Безусловно, можно быть уверенным, что причиной перевертывания и потопления наших судов было не разрушение борта снарядами и потому медленное наполнение внутренности корабля водою, а исключительно мгновенный приток ее через огромные подводные пробоины в такой страшной массе, что она не успевала растечься по кораблю и тем опрокидывала их. Разве «Цесаревич» и «Ретвизан» в первую ночную атаку 20 января, получив всего по одной мине, не были близки к тому же?
Конечно, такие пробоины могли делать только мины, но так как днем миноносцев в Цусимском сражении не было, с японской же эскадры мины за дальностью расстояний дойти по могли, плавучих или мин заграждения поставить было нельзя, потому что, за невозможностью по чему-либо определиться, японцы сами бы могли нарваться на них, — то откуда же эти мины могли взяться?
А что они были, служило еще доказательством встречи некоторых наших судов с теми из них, которые, не попав в цель, выплыли па поверхность воды. Откуда…спрашивается, они явились — не с неба же?
Несомненно, они явились с подводных лодок, и они-то и делали те громадные пробоины, от которых наши суда перевертывались, потому что подводные лодки стреляют сразу двумя минами.

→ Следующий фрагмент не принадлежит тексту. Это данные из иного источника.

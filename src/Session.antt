-- ===== src/Session.antt =====
-- A database session: every service function of the code takes one, reads and writes rows through
-- it, and may raise. What was written before a raise stays in the session, so the state comes back
-- beside the error; `session_scope` (app/db.py) then throws it away.
pub mod Rules
pub mod Keeps
use smmfalcron.Prelude.{String, Bool, true, false, Option, none, some, List, [], ◌∷◌, if◌then◌else◌}
use smmfalcron.Models.{Db}

-- The exception classes of the money paths, with their messages where they are literals.
pub data Error : Type 0 where
  insufficient_funds no_such_row multiple_results integrity_error : Error
  -- a flush that the database refuses for a value, and any exception of no class named here
  database_error unexpected : Error
  wallet_error order_error permission_error value_error deposit_error : String → Error

pub data Outcome {ℓ} (A : Type ℓ) : Type ℓ where
  returns : A → Outcome A
  raises : Error → Outcome A

abbrev pub Returned {ℓ} : {A : Type ℓ} → Outcome A → Type 0
Returned (returns a) = Unit
Returned (raises e) = ⊥

abbrev pub Session {ℓ} : Type ℓ → Type ℓ
Session A = Db → Outcome A × Db

abbrev pub and_then {ℓ κ} : {A : Type ℓ} {B : Type κ} → Outcome A → (A → Session B) → Session B
and_then (returns a) k = k a
and_then (raises e) k = λ db. (raises e, db)

infixl 5 ◌>>=◌ ◌>>◌
abbrev pub ◌>>=◌ {ℓ κ} : {A : Type ℓ} {B : Type κ} → Session A → (A → Session B) → Session B
◌>>=◌ m k db = let (out, db') = m db in and_then out k db'

abbrev pub ◌>>◌ {ℓ κ} : {A : Type ℓ} {B : Type κ} → Session A → Session B → Session B
m >> k = m >>= λ _. k

module _ {ℓ} {A : Type ℓ} where
  abbrev pub return : A → Session A
  return a db = (returns a, db)

  abbrev pub throw : Error → Session A
  throw e db = (raises e, db)

  abbrev pub read : (Db → A) → Session A
  read f db = (returns (f db), db)

  abbrev pub found_or : Error → Option A → Session A
  found_or e none = throw e
  found_or e (some a) = return a

-- `try: … except E as exc: raise F(…) from exc`
abbrev pub renamed {ℓ} : {A : Type ℓ} → (Error → Error) → Outcome A → Outcome A
renamed f (returns a) = returns a
renamed f (raises e) = raises (f e)

abbrev pub rethrow {ℓ} : {A : Type ℓ} → (Error → Error) → Session A → Session A
rethrow f m db = let (out, after) = m db in (renamed f out, after)

abbrev pub write : (Db → Db) → Session (Unit {0})
write f db = (returns tt, f db)

-- `if test: raise e`
abbrev pub raise_if : Bool → Error → Session (Unit {0})
raise_if true e = throw e
raise_if false e = return tt

-- `if test: body`, and on with what follows
abbrev pub when : Bool → Session (Unit {0}) → Session (Unit {0})
when true body = body
when false body = return tt

-- Whether a raise leaves the session unusable: after a flush that failed, everything on it raises, up
-- to and with its commit.
unfoldable pub is_fatal : Error → Bool
is_fatal integrity_error = true
is_fatal database_error = true
is_fatal e = false

-- `try: … except Exception: …` around a part of a session. What the part wrote before it raised stays
-- in the session; where the session is unusable, so that the commit will raise whatever follows, the
-- error is thrown on at once.
unfoldable pub caught {ℓ} : {A : Type ℓ} → Outcome A → Outcome (Outcome A)
unfolding is_fatal
caught (returns a) = returns (returns a)
caught (raises e) = if is_fatal e then raises e else returns (raises e)

abbrev pub attempted {ℓ} : {A : Type ℓ} → Session A → Session (Outcome A)
attempted m db = let (out, after) = m db in (caught out, after)

-- Where a session that began at `before` is left.
abbrev pub settle {ℓ} : {A : Type ℓ} → Outcome A → Db → Db → Db
settle (returns a) before after = after
settle (raises e) before after = before

-- `session_scope` of app/db.py: commit what returned, roll back what raised.
abbrev pub session_scope {ℓ} : {A : Type ℓ} → Session A → Session A
session_scope m db = let (out, after) = m db in (out, settle out db after)

-- `scalar_one_or_none()` on the rows of a query
abbrev pub one_or_none {ℓ} : {A : Type ℓ} → List A → Session (Option A)
one_or_none [] = return none
one_or_none (a ∷ []) = return (some a)
one_or_none (a ∷ b ∷ rows) = throw multiple_results

-- What holds of the result and the state where a function of a session returned.
abbrev pub Ensures {ℓ} : {A : Type ℓ} → (A → Db → Type 0) → Outcome A × Db → Type 0
Ensures Q (returns a, db) = Q a db
Ensures Q (raises e, db) = Unit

Другим доказательством верности этого предположения может служить еще то, что броненосец «Ослябя» перед потоплением так вздрогнул, что многие люди попадали с ног, а это от артиллерийских снарядов не бывает. Кроме того, после потопления, не прямо, а вверх килем, у него из погреба выплыло много мин заграждения, а на них спасались люди, что тоже не могло произойти иначе как через большую пробоину /…/
Далее говорят, что в такую погоду да еще по двигающимся стреляющим судам подводные лодки не могли действовать, потом — что японцы не успели их приобрести и, наконец, лучше всего то, приобрели, да не нашли время выучиться.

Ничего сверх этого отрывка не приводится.